A few patterns show up often enough in the VPN market that they are worth naming directly, independent of which brand you end up choosing.

  • A “no-logs” claim with no audit behind it. Anyone can put “we don’t log your activity” on a pricing page. Only a minority of VPNs have actually paid an outside firm to check, and fewer still do it more than once. If a provider cannot point to a specific auditor and a specific date, treat the claim as marketing rather than a verified fact.
  • Lifetime deals from brands you have not heard of. A VPN promising unlimited service for a single upfront payment of $30 or $40 has a business model that only works if the company shuts down, gets acquired, or quietly degrades the service later. Established brands do not sell lifetime plans, and that is not an accident.
  • Free VPNs with no visible business model. Running server infrastructure costs real money. If you are not paying for it, something else is funding it — usually your data, ads, or bandwidth reselling. A free tier attached to a paid provider is a different situation from a standalone “free VPN” with no paid product behind it.
  • Renewal pricing you cannot find before checkout. Every provider in this roundup discloses its renewal rate somewhere in its terms, even when the marketing page buries it. If a VPN will not tell you what you will pay in year two, that is reason enough to look elsewhere.
  • Vague jurisdiction and ownership. Being owned by a larger company, or being based in a particular country, is not automatically disqualifying — NordVPN, Surfshark, and ExpressVPN are all owned by, or affiliated with, larger corporate structures. What matters is whether a company discloses that plainly instead of hiding behind generic marketing language.

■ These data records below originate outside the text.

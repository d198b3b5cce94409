-- ===== src/Version/Handle/Cases.antt =====
-- Case rules for the handler of internal/service/version/service.go: a property of a result is proved
-- on each branch of the code.
use svm_go.Prelude.{
  ◌≡◌, ◌≢◌, refl, sym, Bool, true, false, Option, none, some, Str, arith, Bool-cases, Option-cases,
  inl, inr, if◌then◌else◌, ◌==◌, codes, [],
}
use mathlib.Core.Path.{subst}
use svm_go.Cache.{Record}
use svm_go.Cache.Clock.{Time}
use svm_go.Metrics.{inc_cache_hit, inc_upstream_error}
use svm_go.Platform.{Platform}
use svm_go.Security.{UrlError}
use svm_go.Version.{Request, Response, bypass, error_response}
use svm_go.Version.Cached.{serve_cached, conditional_candidate}
use svm_go.Version.Respond.{
  respond_not_modified, respond_ok, respond_error, respond, upstream_response,
}
use svm_go.Version.Handle.{
  bad_request, observe_response, sent_request, send, fetch_upstream, handle_with,
}
use svm_go.Version.Prep.{
  Prepared, failed, prepared, prepare_request, get_or_prepare, RequestPrepCache,
}
use svm_go.Version.Store.{Lookup, CacheStore}
use svm_go.Version.World.{
  Config, World, UpstreamResponse, Fetched, fetched, fetch_error, Outside, world_activity,
}

module _ (pl : Platform) (store : CacheStore) (cfg : Config) where
  abbrev pub Result : Type 0
  Result = Response × World store.State

  pub respond_cases :
      (P : Result → Type 0) (url key : Str) (now : Time) (force : Bool) (lk : Lookup)
      (resp : UpstreamResponse) (w : World store.State)
      → ((r : Record)
          → resp.status_code ≡ 304
          → conditional_candidate lk ≡ some r
          → P (respond_not_modified pl store cfg url key now r w))
      → (resp.status_code ≡ 200 → P (respond_ok pl store cfg url key now force lk resp w))
      → (resp.status_code ≢ 200
          → (resp.status_code ≡ 304 → conditional_candidate lk ≡ none)
          → P (respond_error pl store cfg url key now force lk resp w))
      → P (respond pl store cfg url key now force lk resp w)
  respond_cases P url key now force lk resp w on_304 on_200 other =
      elim (Bool-cases (resp.status_code == 304)) [
        | inl is_304 ↦ elim (Option-cases (conditional_candidate lk)) [
          | inl missing ↦
              subst P (sym (respond_304_none is_304 missing))
                (other (λ e. ground arith) (λ _. missing))
          | inr (r, found) ↦
              subst P (sym (respond_304_some is_304 found)) (on_304 r (ground arith) found)
        ]
        | inr not_304 ↦ elim (Bool-cases (resp.status_code == 200)) [
          | inl is_200 ↦ subst P (sym (respond_200 not_304 is_200)) (on_200 (ground arith))
          | inr not_200 ↦
              subst P (sym (respond_other not_304 not_200))
                (other (λ e. ground arith) (λ e. absurd (ground arith)))
        ]
      ]
    where
      respond_304_none :
          (resp.status_code == 304) ≡ true
          → conditional_candidate lk ≡ none
          → respond pl store cfg url key now force lk resp w
            ≡ respond_error pl store cfg url key now force lk resp w
      respond_304_none is_304 missing = unfold respond in ground arith

      respond_304_some :
          {r : Record}
          → (resp.status_code == 304) ≡ true
          → conditional_candidate lk ≡ some r
          → respond pl store cfg url key now force lk resp w
            ≡ respond_not_modified pl store cfg url key now r w
      respond_304_some is_304 found = unfold respond in ground arith

      respond_200 :
          (resp.status_code == 304) ≡ false
          → (resp.status_code == 200) ≡ true
          → respond pl store cfg url key now force lk resp w
            ≡ respond_ok pl store cfg url key now force lk resp w
      respond_200 not_304 is_200 = unfold respond in ground arith

      respond_other :
          (resp.status_code == 304) ≡ false
          → (resp.status_code == 200) ≡ false
          → respond pl store cfg url key now force lk resp w
            ≡ respond_error pl store cfg url key now force lk resp w
      respond_other not_304 not_200 = unfold respond in ground arith

  -- What the handler answers when upstream cannot be reached.
  abbrev pub unreachable : Outside → (key : Str) → World store.State → Result
  unreachable out key w = (
    upstream_response (if out.ctx_done then 504 else 502)
        (error_response (codes "Upstream request failed") []) bypass key 0,
    record w { metrics = inc_upstream_error w.metrics },
  )

  abbrev pub observed :
      Outside → (url : Str) → Lookup → UpstreamResponse → World store.State → World store.State
  observed out url lk resp w =
      observe_response pl store cfg out.observing_at
        (sent_request pl store cfg url out.choosing_at lk w).token resp
        (send pl store cfg url out.choosing_at lk w)

  pub fetch_cases :
      (P : Result → Type 0) (out : Outside) (force : Bool) (url key : Str) (lk : Lookup)
      (now : Time) (w : World store.State)
      → (out.upstream (sent_request pl store cfg url out.choosing_at lk w) ≡ fetch_error
          → P (unreachable out key (send pl store cfg url out.choosing_at lk w)))
      → ((resp : UpstreamResponse)
          → out.upstream (sent_request pl store cfg url out.choosing_at lk w) ≡ fetched resp
          → P (respond pl store cfg url key now force lk resp (observed out url lk resp w)))
      → P (fetch_upstream pl store cfg out force url key lk now w)
  fetch_cases P out force url key lk now w on_error on_answer =
      go (out.upstream (sent_request pl store cfg url out.choosing_at lk w)) refl
    where
      go :
          (f : Fetched)
          → out.upstream (sent_request pl store cfg url out.choosing_at lk w) ≡ f
          → P (fetch_upstream pl store cfg out force url key lk now w)
      go fetch_error e =
          let same : fetch_upstream pl store cfg out force url key lk now w
              ≡ unreachable out key (send pl store cfg url out.choosing_at lk w) =
            unfold fetch_upstream in ground arith in
          subst P (sym same) (on_error e)
      go (fetched resp) e =
          let same : fetch_upstream pl store cfg out force url key lk now w
              ≡ respond pl store cfg url key now force lk resp (observed out url lk resp w) =
            unfold fetch_upstream in ground arith in
          subst P (sym same) (on_answer resp e)

  -- The memo and the preparation of a request.
  abbrev pub preparation : Request → World store.State → Prepared × RequestPrepCache
  preparation request w =
      get_or_prepare w.request_prep w.request_prep request.raw_url
        (prepare_request pl cfg.allowed_host_set)

  abbrev pub looked_up : (key : Str) → World store.State → Lookup
  looked_up key w = (store.read key w.store).0

  -- The world after the preparation and the read of the cache.
  abbrev pub after_read : Request → (key : Str) → World store.State → World store.State
  after_read request key w = record w {
    request_prep = (preparation request w).1;
    store = (store.read key w.store).1;
  }

  pub handle_with_cases :
      (P : Result → Type 0) (on_miss : (url key : Str) → Lookup → Time → World store.State → Result)
      (now : Time) (request : Request) (w : World store.State)
      → ((e : UrlError)
          → (preparation request w).0 ≡ failed e
          → P (bad_request e, record w { request_prep = (preparation request w).1 }))
      → ((url key : Str) (r : Response)
          → (preparation request w).0 ≡ prepared url key
          → serve_cached cfg.policy request.force_refresh key now (looked_up key w) ≡ some r
          → P (
            r,
            record (world_activity key now (after_read request key w)) {
              metrics = inc_cache_hit w.metrics;
            },
          ))
      → ((url key : Str)
          → (preparation request w).0 ≡ prepared url key
          → serve_cached cfg.policy request.force_refresh key now (looked_up key w) ≡ none
          → P (on_miss url key (looked_up key w) now (after_read request key w)))
      → P (handle_with pl store cfg on_miss now request w)
  handle_with_cases P on_miss now request w on_bad on_hit missed = go (preparation request w).0 refl
    where
      served :
          (url key : Str) (o : Option Response)
          → (preparation request w).0 ≡ prepared url key
          → serve_cached cfg.policy request.force_refresh key now (looked_up key w) ≡ o
          → P (handle_with pl store cfg on_miss now request w)
      served url key none e s =
          let same : handle_with pl store cfg on_miss now request w
              ≡ on_miss url key (looked_up key w) now (after_read request key w) =
            unfold handle_with in ground arith in
          subst P (sym same) (missed url key e s)
      served url key (some r) e s =
          let same : handle_with pl store cfg on_miss now request w ≡ (
            r,
            record (world_activity key now (after_read request key w)) {
              metrics = inc_cache_hit w.metrics;
            },
          ) =
            unfold handle_with in ground arith in
          subst P (sym same) (on_hit url key r e s)

      go :
          (p : Prepared)
          → (preparation request w).0 ≡ p
          → P (handle_with pl store cfg on_miss now request w)
      go (failed e) h =
          let same : handle_with pl store cfg on_miss now request w
              ≡ (bad_request e, record w { request_prep = (preparation request w).1 }) =
            unfold handle_with in ground arith in
          subst P (sym same) (on_bad e h)
      go (prepared url key) h =
          served url key (serve_cached cfg.policy request.force_refresh key now (looked_up key w)) h
            refl
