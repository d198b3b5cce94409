-- ===== src/Version/Records.antt =====
-- The records that internal/service/version/service.go makes of answers, told without its code.
use svm_go.Prelude.{
  ℕ, zero, suc, ◌+◌, ◌≤◌, ◌≡◌, ◌⊎◌, ◌↔◌, refl, true, false, [], Str, pos, negsuc, arith, length,
}
use svm_go.Cache.{Record}
use svm_go.Cache.Clock.{Time, Duration, add}
use svm_go.Cache.Policy.{Policy}
use svm_go.Platform.{Platform}
use svm_go.Version.Cached.{fresh_record, negative_record, revalidated_record}
use svm_go.Version.Status.{
  is_negative_cacheable_status, hard_expires_at, read, read_bounded_body, effective_max,
}
use svm_go.Version.World.{UpstreamResponse}

-- The end of a time to live; 0 where it has no end.
abbrev pub deadline : Time → Duration → Time
deadline now (pos zero) = 0
deadline now (pos (suc n)) = now + suc n
deadline now (negsuc n) = 0

pub hard_expires_at-deadline :
    (now : Time) (ttl : Duration) → hard_expires_at now ttl ≡ deadline now ttl
unfolding hard_expires_at
hard_expires_at-deadline now (pos zero) = refl
hard_expires_at-deadline now (pos (suc n)) = refl
hard_expires_at-deadline now (negsuc n) = refl

abbrev pub IsGone : ℕ → Type 0
IsGone status = (status ≡ 404) ⊎ (status ≡ 410)

pub is_negative_cacheable_status-IsGone :
    (status : ℕ) → (is_negative_cacheable_status status ≡ true) ↔ IsGone status
unfolding is_negative_cacheable_status
is_negative_cacheable_status-IsGone status = ground arith

pub is_negative_cacheable_status-not :
    (status : ℕ) → (is_negative_cacheable_status status ≡ false) ↔ (IsGone status → ⊥)
unfolding is_negative_cacheable_status
is_negative_cacheable_status-not status = ground arith

-- The answer is a 200 with a body of valid JSON, within the limit.
pub record IsValidAnswer (pl : Platform) (policy : Policy) (resp : UpstreamResponse) (body : Str)
    : Type 0 where
  pub status : resp.status_code ≡ 200
  pub bytes : read_bounded_body resp.body policy.max_upstream_response_bytes ≡ read body
  pub valid : pl.json_valid body ≡ true
  pub size : length body ≤ effective_max policy.max_upstream_response_bytes

-- The record of such an answer: its body and its etag, kept for the hard TTL.
pub record IsFresh (policy : Policy) (url : Str) (now : Time) (resp : UpstreamResponse) (body : Str)
    (r : Record) : Type 0 where
  pub payload : r.payload ≡ body
  pub etag : r.etag ≡ resp.etag
  pub at_url : r.url ≡ url
  pub fetched : r.fetched_at ≡ now
  pub checked : r.last_checked_at ≡ now
  pub expires : r.expires_at ≡ deadline now policy.hard_ttl
  pub status : r.source_status ≡ 200

-- The record of an answer that says that there is nothing: kept for the negative TTL, without an etag.
pub record IsNegative (policy : Policy) (url : Str) (now : Time) (resp : UpstreamResponse)
    (r : Record) : Type 0 where
  pub gone : IsGone resp.status_code
  pub status : r.source_status ≡ resp.status_code
  pub etag : r.etag ≡ []
  pub at_url : r.url ≡ url
  pub fetched : r.fetched_at ≡ now
  pub checked : r.last_checked_at ≡ now
  pub expires : r.expires_at ≡ add now policy.negative_ttl

-- The old record, checked now and kept for the hard TTL from now on.
pub record IsRevalidated (policy : Policy) (url : Str) (now : Time) (old r : Record) : Type 0 where
  pub payload : r.payload ≡ old.payload
  pub etag : r.etag ≡ old.etag
  pub at_url : r.url ≡ url
  pub fetched : r.fetched_at ≡ old.fetched_at
  pub checked : r.last_checked_at ≡ now
  pub expires : r.expires_at ≡ deadline now policy.hard_ttl
  pub status : r.source_status ≡ old.source_status

pub fresh_record-IsFresh :
    (policy : Policy) (url : Str) (now : Time) (resp : UpstreamResponse) (body : Str)
    → resp.status_code ≡ 200
    → IsFresh policy url now resp body (fresh_record policy url now resp body)
fresh_record-IsFresh policy url now resp body is_200 = record {
  payload = refl;
  etag = refl;
  at_url = refl;
  fetched = refl;
  checked = refl;
  expires = hard_expires_at-deadline now policy.hard_ttl;
  status = is_200;
}

pub negative_record-IsNegative :
    (policy : Policy) (url : Str) (now : Time) (resp : UpstreamResponse) (body : Str)
    → is_negative_cacheable_status resp.status_code ≡ true
    → IsNegative policy url now resp (negative_record policy url now resp body)
negative_record-IsNegative policy url now resp body negative = record {
  gone = (is_negative_cacheable_status-IsGone resp.status_code).0 negative;
  status = refl;
  etag = refl;
  at_url = refl;
  fetched = refl;
  checked = refl;
  expires = refl;
}

pub revalidated_record-IsRevalidated :
    (policy : Policy) (url : Str) (now : Time) (old : Record)
    → IsRevalidated policy url now old (revalidated_record policy url now old)
revalidated_record-IsRevalidated policy url now old = record {
  payload = refl;
  etag = refl;
  at_url = refl;
  fetched = refl;
  checked = refl;
  expires = hard_expires_at-deadline now policy.hard_ttl;
  status = refl;
}

-- A body that is read is within the limit.
pub read_bounded_body-IsValidAnswer :
    (pl : Platform) (policy : Policy) (resp : UpstreamResponse) (body : Str)
    → resp.status_code ≡ 200
    → read_bounded_body resp.body policy.max_upstream_response_bytes ≡ read body
    → pl.json_valid body ≡ true
    → IsValidAnswer pl policy resp body
unfolding read_bounded_body
read_bounded_body-IsValidAnswer pl policy resp body is_200 e valid = record {
  status = is_200;
  bytes = e;
  valid = valid;
  size = ground arith;
}
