-- ===== src/Version/Handle/Stored.antt =====
-- What `Handle` of internal/service/version/service.go may write to the cache of an answer.
use svm_go.Prelude.{
  codes, ◌≡◌, ◌≢◌, none, [], ◌∷◌, is_empty, ◌==◌, refl, Bool, true, false, Option, some, Str, arith,
  Bool-cases, Option-cases, inl, inr,
}
use svm_go.Cache.{Record}
use svm_go.Cache.Clock.{Time}
use svm_go.Platform.{Platform}
use svm_go.Version.Records.{
  IsGone, IsValidAnswer, IsFresh, IsNegative, IsRevalidated, fresh_record-IsFresh,
  negative_record-IsNegative, read_bounded_body-IsValidAnswer, is_negative_cacheable_status-IsGone,
  is_negative_cacheable_status-not,
}
use svm_go.Version.Cached.{conditional_candidate, fresh_record, negative_record}
use svm_go.Version.Respond.{error_message, respond_ok, store_negative}
use svm_go.Version.Handle.{ReadResult}
use svm_go.Version.Status.{
  is_negative_cacheable_status, should_bypass_cache_write, read, too_large, read_error,
  read_bounded_body,
}
use svm_go.Version.Store.{Lookup, CacheStore}
use svm_go.Version.World.{Config, World, UpstreamResponse, Fetched, fetched, fetch_error}

nonempty : (s : Str) → s ≢ [] → is_empty s ≡ false
nonempty [] h = absurd (h refl)
nonempty (c ∷ s) h = refl

module _ (pl : Platform) (store : CacheStore) (cfg : Config) where
  -- The cache may be asked about: it holds a record that is not of a 404 or 410, with an etag.
  pub record IsConditional (lk : Lookup) (old : Record) : Type 0 where
    pub found : lk.found ≡ some old
    pub positive : IsGone old.source_status → ⊥
    pub tagged : old.etag ≢ []

  -- Nothing is stored of an answer: there is none; it is a 200 without a valid body, a 304 that was
  -- not asked for, or another answer that is no 404 or 410; or its error cannot be encoded.
  pub data IsUnstored (lk : Lookup) : Fetched → Type 0 where
    no_answer : IsUnstored lk fetch_error
    bad_body :
        {resp : UpstreamResponse}
        → resp.status_code ≡ 200
        → ((body : Str) → IsValidAnswer pl cfg.policy resp body → ⊥)
        → IsUnstored lk (fetched resp)
    not_asked :
        {resp : UpstreamResponse}
        → resp.status_code ≡ 304
        → ((old : Record) → IsConditional lk old → ⊥)
        → IsUnstored lk (fetched resp)
    other_status :
        {resp : UpstreamResponse}
        → resp.status_code ≢ 200
        → resp.status_code ≢ 304
        → (IsGone resp.status_code → ⊥)
        → IsUnstored lk (fetched resp)
    no_encoding :
        {resp : UpstreamResponse}
        → IsGone resp.status_code
        → pl.marshal_error
            (codes "Upstream API error")
            (error_message pl cfg.policy resp).0
            (error_message pl cfg.policy resp).1
          ≡ none
        → IsUnstored lk (fetched resp)

  -- What is written under the key of an answer, where the cache has given `lk`: the record of a valid
  -- 200; that of a 404 or 410, with its error encoded; after a 304, the record of the cache with new
  -- times; or nothing.
  pub data Stores (lk : Lookup) (url key : Str) (now : Time) (answer : Fetched) (t u : store.State)
      : Type 0 where
    of_ok :
        (resp : UpstreamResponse) (body : Str) (r : Record)
        → answer ≡ fetched resp
        → IsValidAnswer pl cfg.policy resp body
        → IsFresh cfg.policy url now resp body r
        → u ≡ store.set key r t
        → Stores lk url key now answer t u
    of_negative :
        (resp : UpstreamResponse) (r : Record)
        → answer ≡ fetched resp
        → IsNegative cfg.policy url now resp r
        → pl.marshal_error
            (codes "Upstream API error")
            (error_message pl cfg.policy resp).0
            (error_message pl cfg.policy resp).1
          ≡ some r.payload
        → u ≡ store.set key r t
        → Stores lk url key now answer t u
    of_not_modified :
        (resp : UpstreamResponse) (old r : Record)
        → answer ≡ fetched resp
        → resp.status_code ≡ 304
        → IsConditional lk old
        → IsRevalidated cfg.policy url now old r
        → u ≡ store.set key r t
        → Stores lk url key now answer t u
    unchanged : IsUnstored lk answer → u ≡ t → Stores lk url key now answer t u

  pub conditional_candidate-IsConditional :
      (lk : Lookup) (r : Record) → conditional_candidate lk ≡ some r → IsConditional lk r
  unfolding conditional_candidate
  conditional_candidate-IsConditional lk r h =
      let positive : is_negative_cacheable_status r.source_status ≡ false = ground arith in
      let tagged : is_empty r.etag ≡ false = ground arith in
      record {
        found = ground arith;
        positive = (is_negative_cacheable_status-not r.source_status).0 positive;
        tagged = λ e. cc (e, tagged);
      }

  IsConditional-conditional_candidate :
      (lk : Lookup) (r : Record) → IsConditional lk r → conditional_candidate lk ≡ some r
  unfolding conditional_candidate
  IsConditional-conditional_candidate lk r c =
      let positive : is_negative_cacheable_status r.source_status ≡ false =
        (is_negative_cacheable_status-not r.source_status).1 c.positive in
      let tagged = nonempty r.etag c.tagged in rw c.found (rw (positive, tagged) refl)

  pub respond_ok-Stores :
      (url key : Str) (now : Time) (force : Bool) (lk : Lookup) (resp : UpstreamResponse)
      (w : World store.State)
      → resp.status_code ≡ 200
      → Stores lk url key now
          (fetched resp)
          w.store
          (respond_ok pl store cfg url key now force lk resp w).1.store
  respond_ok-Stores url key now force lk resp w is_200 =
      go (read_bounded_body resp.body cfg.policy.max_upstream_response_bytes) refl
    where
      written_ok :
          (body : Str)
          → read_bounded_body resp.body cfg.policy.max_upstream_response_bytes ≡ read body
          → pl.json_valid body ≡ true
          → Stores lk url key now
              (fetched resp)
              w.store
              (respond_ok pl store cfg url key now force lk resp w).1.store
      written_ok body e valid =
          of_ok resp body (fresh_record cfg.policy url now resp body) refl
            (read_bounded_body-IsValidAnswer pl cfg.policy resp body is_200 e valid)
            (fresh_record-IsFresh cfg.policy url now resp body is_200)
            (unfold respond_ok in ground arith)

      go :
          (b : ReadResult)
          → read_bounded_body resp.body cfg.policy.max_upstream_response_bytes ≡ b
          → Stores lk url key now
              (fetched resp)
              w.store
              (respond_ok pl store cfg url key now force lk resp w).1.store
      go too_large e =
          unchanged (bad_body is_200 (λ body v. absurd (cc (e, v.bytes))))
            (unfold respond_ok in ground arith)
      go (read_error m) e =
          unchanged (bad_body is_200 (λ body v. absurd (cc (e, v.bytes))))
            (unfold respond_ok in ground arith)
      go (read body) e = elim (Bool-cases (pl.json_valid body)) [
        | inl valid ↦ written_ok body e valid
        | inr invalid ↦
            unchanged
              (bad_body is_200 (λ other v.
                let same : other ≡ body = cc (e, v.bytes) in absurd (cc (same, v.valid, invalid))))
              (unfold respond_ok in ground arith)
      ]

  IsUnstored-fetched :
      (lk : Lookup) (resp : UpstreamResponse)
      → resp.status_code ≢ 200
      → (resp.status_code ≡ 304 → conditional_candidate lk ≡ none)
      → (IsGone resp.status_code → ⊥)
      → IsUnstored lk (fetched resp)
  IsUnstored-fetched lk resp not_200 asked other = elim (Bool-cases (resp.status_code == 304)) [
    | inl is_304 ↦
        let status : resp.status_code ≡ 304 = ground arith in
        not_asked status
          (λ old c. absurd (cc (asked status, IsConditional-conditional_candidate lk old c)))
    | inr not_304 ↦ other_status not_200 (λ e. ground arith) other
  ]

  pub store_negative-Stores :
      (url key : Str) (now : Time) (lk : Lookup) (resp : UpstreamResponse) (w : World store.State)
      → resp.status_code ≢ 200
      → (resp.status_code ≡ 304 → conditional_candidate lk ≡ none)
      → Stores lk url key now
          (fetched resp)
          w.store
          (store_negative pl store cfg url key now lk resp w).store
  store_negative-Stores url key now lk resp w not_200 asked =
      elim (Bool-cases (should_bypass_cache_write resp.status_code)) [
        | inl bypassed ↦
            unchanged
              (IsUnstored-fetched lk resp not_200 asked
                (λ gone. unfold should_bypass_cache_write in ground arith))
              (unfold store_negative in ground arith)
        | inr kept ↦ elim (Bool-cases (is_negative_cacheable_status resp.status_code)) [
          | inr positive ↦
              unchanged
                (IsUnstored-fetched lk resp not_200 asked
                  ((is_negative_cacheable_status-not resp.status_code).0 positive))
                (unfold store_negative in ground arith)
          | inl negative ↦ elim (Option-cases marshaled) [
            | inl missing ↦
                unchanged
                  (no_encoding ((is_negative_cacheable_status-IsGone resp.status_code).0 negative)
                    missing)
                  (unfold store_negative in ground arith)
            | inr (body, e) ↦
                of_negative resp (negative_record cfg.policy url now resp body) refl
                  (negative_record-IsNegative cfg.policy url now resp body negative) e
                  (unfold store_negative in ground arith)
          ]
        ]
      ]
    where
      marshaled : Option Str
      marshaled =
          let (decoded, message) = error_message pl cfg.policy resp in
          pl.marshal_error (codes "Upstream API error") decoded message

Common Questions About Choosing a VPN

Do you actually need a VPN? If you regularly use public WiFi, travel to countries with heavy internet restrictions, or simply do not want your internet provider building an advertising profile from your browsing history, yes. If your main goal is unblocking a specific piece of streaming content, a VPN can help but cannot guarantee it, since streaming platforms actively try to detect and block VPN traffic.

Is a free VPN ever worth it? Occasionally, for very light, occasional use — the free tiers offered by some paid providers are a reasonable way to try the software before you buy. A permanently free VPN with no paid product behind it is a different situation, and the business-model questions above apply.

Which of these three should you actually pick? If you want the single safest, most broadly tested default and do not mind tracking a renewal date, choose NordVPN. If price and device count matter more to you than having the largest audit history, choose Surfshark. If you want the most polished app experience and are comfortable paying a bit more for KPMG’s specific, repeated no-logs verification, choose ExpressVPN. All three publish real pricing, have survived real independent audits, and are legitimate businesses — the differences between them are about fit, not trust.